4. Mentors lead you on the narrow Way.
Finally, let’s ponder the meaning of the Narrow Way Elijah’s cloak makes through the river. Jesus is blunt about this when he says (and I paraphrase): “There’s an easy, wide road of little resistance that most people are traveling on through life, and it leads to nowhere good. But there’s a narrow way to Kingdom life that is hard and requires work and devotion, self-sacrifice and self-growth, and few take it.”
Many well-meaning voices in our lives try to spare us pain and trials, and point us in ways that go around the work necessary for real growth. They mainly want to help us find peace and happiness, while God wants us to become spiritually mature and cultivate Christ like character. Happiness is never the goal in God’s Kingdom, but a blessed byproduct that comes when we keep ourselves pursuing God’s priorities.
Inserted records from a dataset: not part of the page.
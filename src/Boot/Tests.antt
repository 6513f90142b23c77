-- ===== src/Boot/Tests.antt =====
-- The machine that starts with the sample kernel.
use stak_os.Base.{inr, arith, ◌≡◌, refl, none, false, [], ◌∷◌, ◌++◌, replicate}
use stak_os.Base.Run.{done, ◌>>=◌}
use stak_os.Keyboard.{keyboard_handler}
use stak_os.Kernel.Exit.{pit_handler}
use stak_os.Kernel.Sample.{sample_kernel}
use stak_os.Boot.{
  Links, Machine, init_tables, running_machine, interrupt, kernel_main, multiboot2_magic,
}
use stak_os.Pmm.Sample.{sample_info, sample_tags, sample_info-AreTags}
use stak_os.Boot.Main.{IsStarted, kernel_main-IsStarted}
use stak_os.Boot.Handlers.{interrupt-started}

abbrev links : Links
links = record {
  image = record { idle_pcb = 0; stack_top = 0; process_exit_at = 0; trampoline_at = 0 };
  fuel = 4;
  kernel_end = 0;
  kernel_pd = 0;
  identity_pts = 0;
  tss_at = 0;
  isr = λ n. 0;
  irq = λ n. 0;
  isr128 = 0;
  mask1 = 0;
  mask2 = 0;
  test_prog_blob = 0;
  test_prog_blob_size = 0;
}

abbrev off : Machine
off = record {
  kernel = sample_kernel;
  keyboard = record { kb_buf = replicate 256 0; kb_head = 0; kb_tail = 0; shift = false };
  gdt = [];
  tss = record { esp0 = 0; ss0 = 0; iomap_base = 0 };
  idt = [];
  handlers = replicate 16 none;
  ports = [];
}

abbrev on : Machine
on = running_machine (init_tables links off) sample_kernel

abbrev told : Machine
told = record on { ports = on.ports ++ ((0x20, 0x20) ∷ []) }

interrupt-started_example :
    (interrupt 4 on 32 30
      ≡ (pit_handler 4 sample_kernel >>= (λ k'. done (record told { kernel = k' }))))
    × (interrupt 4 on 33 30 ≡ done (record told { keyboard = keyboard_handler on.keyboard 30 }))
interrupt-started_example = interrupt-started links off sample_kernel refl 4 30

-- The kernel ends at 2 MB, with its tables at 1 MB and the idle process at 100.
abbrev linked : Links
linked = record links {
  image = record { idle_pcb = 100; stack_top = 0; process_exit_at = 0; trampoline_at = 0 };
  fuel = 20;
  kernel_end = 2_097_152;
  kernel_pd = 1_081_344;
  identity_pts = 1_048_576;
}

abbrev loaded : Machine
loaded = record off {
  kernel = record sample_kernel {
    mem = sample_info;
    pmm = record { bitmap = []; total_frames = 0; free_frames = 0 };
  };
}

kernel_main-IsStarted_example :
    (m' : Machine) × (kernel_main linked loaded multiboot2_magic 4096 ≡ done m')
    × IsStarted linked 4096 sample_tags m'.kernel
kernel_main-IsStarted_example =
    kernel_main-IsStarted linked 4096 sample_tags (omega arith) loaded
      (record {
        tags = sample_info-AreTags;
        few = omega arith;
        end_word = omega arith;
        tables_page = refl;
        directory_page = refl;
        tables_inside = omega arith;
        directory_inside = omega arith;
        apart = inr (omega arith);
        heap_zero = refl;
        none_free = refl;
        fuel_tags = omega arith;
        fuel_heap = omega arith;
      })
      refl
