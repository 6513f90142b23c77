-- ===== src/Command.antt =====
-- shell/commands.c and `dispatch` of shell/shell.c.
pub mod World
pub mod Memory
pub mod Core
pub mod Files
pub mod Processes
pub mod User
pub mod Dispatch
pub mod Session
mod Tests
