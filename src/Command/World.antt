-- ===== src/Command/World.antt =====
-- What the shell's commands take from outside of them: addresses that the linker and the stack give,
-- the other processes, and the arguments of `argv`.
use stak_os.Base.{Bool, ℕ, zero, suc, List, [], ◌∷◌, replicate}
use stak_os.Kernel.{Kernel, Image}
use stak_os.Kernel.Print.{Piece, str}

-- `test_prog_blob` is the embedded program, `message_at` the literal of cmd_synctest, `path_at` the
-- literal "test.elf", `buf_at` the buffer of cmd_fstest. `resume` is what the machine does from a `hlt`
-- or a switch to another process until the shell runs again. `own` are the addresses that the kernel's
-- statics and process structures take. The fuel is for the loops.
pub record World : Type 0 where
  pub image : Image
  pub own : ℕ → Bool
  pub fuel : ℕ
  pub test_prog_blob : ℕ
  pub message_at : ℕ
  pub path_at : ℕ
  pub buf_at : ℕ
  pub resume : Kernel → Kernel

abbrev pub Argv : Type 0
Argv = List (List ℕ)

abbrev pub arg : Argv → ℕ → List ℕ
arg [] i = []
arg (a ∷ argv) zero = a
arg (a ∷ argv) (suc i) = arg argv i

-- A blank printed `n` times.
abbrev pub pad : ℕ → Piece
pad n = str (replicate n 32)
So, we need spiritual mentors and godly leaders who will faithfully and continually point us down the narrow cross-shaped path. I like the picture of Elijah leading Elisha across the Jordan, either single-file, not getting ahead on one’s leader, or else side-by-side, shoulder to shoulder as a unified team.
May we all find someone who carries such a cloak of spiritual wisdom and power, and may we all choose to heed those who are pointing us down the road less traveled! Those who don’t, sadly, will often find themselves forever standing before those familiar obstacles, staring at an impassable river and never finding their way to the other side—to freedom, to the abundant life God on the other side.
Conclusion
After Elijah is taken up in the chariot of fire, we read:
Then he picked up Elijah’s cloak that had fallen from him, returned to the shore of the Jordan, and stood there. He took Elijah’s cloak—all that was left of Elijah!—and hit the river with it, saying, “Now where is the God of Elijah? Where is he?” When he struck the water, the river divided and Elisha walked through.The guild of prophets from Jericho saw the whole thing from where they were standing. They said, “The spirit of Elijah lives in Elisha!” (2 Kings 2:13-15)
Finally, the story ends with Elijah’s strange departure, and Elisha taking up his mentor’s mantle. The guild of prophets looking on clearly see that the disciple has become like his master, as Elisha now strikes the water and it divides. The holy man’s remarkable spirit and ministry will now live on for another generation through Elisha. The student has become the master.
I only recently found my own spiritual fathers and mentors, and I regret all the years I have tried to navigate life and faith and ministry without. Let me invite you to humbly pray, right now, that God would bring an Elijah into your life. No matter how old or young you are, it’s never too late to seek out a mentor to fix your eyes on, to lead you to the places you need to go to learn the lessons you need to grow, who can help you overcome your obstacles and point you down the Narrow Way.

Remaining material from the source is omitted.